Collected data entries
────────

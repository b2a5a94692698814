-- ===== src/GameGear/Codemasters.antt =====
-- cores/gamegear/mappers/CodemastersMapper.hpp: bank registers under the ROM, and RAM on the cartridge.
use proto_time.Base.{
  ℕ, ◌+◌, ◌-◌, ◌/◌, Bool, true, false, not, ◌&&◌, ◌||◌, List, [], ◌∷◌, ◌++◌, Option, none, some,
  length, get_or, set, take, drop, replicate, ltb, leb, ◌==◌, between, if◌then◌else◌,
}
use proto_time.Base.Bits.{low_bits, test_bit}
use proto_time.Base.Outcome.{Outcome, done, throws, ◌>>=◌}
use proto_time.GameGear.Cartridge.{
  GameGearCartridge, StateError, truncated, extra_ram_invalid, flag_invalid, u32_bytes, read_u32,
  flag_byte,
}
use proto_time.GameGear.Cartridge

pub record CodemastersMapper : Type 0 where
  pub base : GameGearCartridge
  pub extra_ram : List ℕ
  pub extra_ram_mapped : Bool
  pub extra_ram_dirty : Bool

-- The base class calls this `reset` from `load`.
unfoldable pub reset : CodemastersMapper → CodemastersMapper
reset m = record {
  base =
      Cartridge.write (Cartridge.write (Cartridge.write (Cartridge.reset m.base) 0xfffd 0) 0xfffe 1)
        0xffff 0;
  extra_ram = [];
  extra_ram_mapped = false;
  extra_ram_dirty = false;
}

-- `load` of the base class, whose call of `reset` runs the one above; `none` is a null pointer with a
-- size above zero.
unfoldable pub load : CodemastersMapper → Option (List ℕ) → CodemastersMapper × Bool
load m none = (m, false)
load m (some bytes) =
    let sram = if length bytes == 0 then [] else replicate 0x8000 0 in
    (reset (record m { base = record m.base { rom = bytes; sram = sram } }), true)

unfoldable pub mark_save_clean : CodemastersMapper → CodemastersMapper
mark_save_clean m = record m { base = Cartridge.mark_save_clean m.base; extra_ram_dirty = false }

-- The RAM on the cartridge answers at the address.
abbrev pub in_extra_ram : CodemastersMapper → ℕ → Bool
in_extra_ram m address = m.extra_ram_mapped && between 0xa000 0xc000 address

unfoldable pub handles_control_write : CodemastersMapper → ℕ → Bool
handles_control_write m address =
    ltb address 0xc000 && not (m.extra_ram_mapped && leb 0xa000 address)

unfoldable pub handles_mapped_write : CodemastersMapper → ℕ → Bool
handles_mapped_write m address =
    if in_extra_ram m address then true else Cartridge.handles_mapped_write m.base address

unfoldable pub read : CodemastersMapper → ℕ → ℕ
read m address =
    if in_extra_ram m address
    then get_or m.extra_ram (address - 0xa000) 0xff
    else Cartridge.read m.base address

unfoldable pub rom_bank_for_address : CodemastersMapper → ℕ → Option ℕ
rom_bank_for_address m address =
    if in_extra_ram m address then none else Cartridge.rom_bank_for_address m.base address

-- The second slot's register maps the RAM by its high bit, and makes it on the first use.
unfoldable pub map_extra_ram : CodemastersMapper → ℕ → CodemastersMapper
map_extra_ram m value =
    if test_bit 7 value
    then record m {
      extra_ram = if length m.extra_ram == 0 then replicate 0x2000 0 else m.extra_ram;
      extra_ram_mapped = true;
    }
    else record m { extra_ram_mapped = false }

unfoldable pub write_slot : CodemastersMapper → ℕ → ℕ → CodemastersMapper
write_slot m slot value =
    let banked = record m { base = Cartridge.write m.base (0xfffd + slot) (low_bits 7 value) } in
    if slot == 1 then map_extra_ram banked value else banked

unfoldable pub write_extra_ram : CodemastersMapper → ℕ → ℕ → CodemastersMapper
write_extra_ram m index value =
    if ltb index (length m.extra_ram)
    then record m { extra_ram = set m.extra_ram index value; extra_ram_dirty = true }
    else m

unfoldable pub write : CodemastersMapper → ℕ → ℕ → CodemastersMapper
write m address value =
    if handles_control_write m address
    then write_slot m (address / 0x4000) value
    else if in_extra_ram m address
    then write_extra_ram m (address - 0xa000) value
    else record m { base = Cartridge.write m.base address value }

unfoldable pub export_save_data : CodemastersMapper → List ℕ
export_save_data m = if length m.extra_ram == 0 then m.base.sram else m.extra_ram

unfoldable pub import_save_data : CodemastersMapper → List ℕ → CodemastersMapper
import_save_data m save_data =
    if length save_data == 0x2000
    then record m { extra_ram = save_data; extra_ram_dirty = false }
    else record m { base = Cartridge.import_save_data m.base save_data }

unfoldable pub export_state : CodemastersMapper → List ℕ
export_state m =
    Cartridge.export_state m.base
    ++ (u32_bytes (length m.extra_ram)
        ++ (m.extra_ram ++ (flag_byte m.extra_ram_mapped ∷ flag_byte m.extra_ram_dirty ∷ [])))

-- The two flags behind the RAM, and then the state of the base class.
unfoldable pub import_flags :
    CodemastersMapper → List ℕ → List ℕ → List ℕ → Outcome StateError CodemastersMapper
import_flags m base_state extra (mapped ∷ dirty ∷ []) =
    if ltb 1 mapped || ltb 1 dirty
    then throws flag_invalid
    else (Cartridge.import_state m.base base_state >>= λ base. done (record {
      base = base;
      extra_ram = extra;
      extra_ram_mapped = not (mapped == 0);
      extra_ram_dirty = not (dirty == 0);
    }))
import_flags m base_state extra _ = throws extra_ram_invalid

unfoldable pub import_state : CodemastersMapper → List ℕ → Outcome StateError CodemastersMapper
import_state m state =
    let base_size = length (Cartridge.export_state m.base) in
    if ltb (length state) (base_size + 6)
    then throws truncated
    else (read_u32 (drop base_size state) >>= λ r.
        if ltb 0x2000 r.0 || not (length r.1 == r.0 + 2)
        then throws extra_ram_invalid
        else import_flags m (take base_size state) (take r.0 r.1) (drop r.0 r.1))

────────

Check each line of the data for the word "drop", then state only how many lines hold it.

3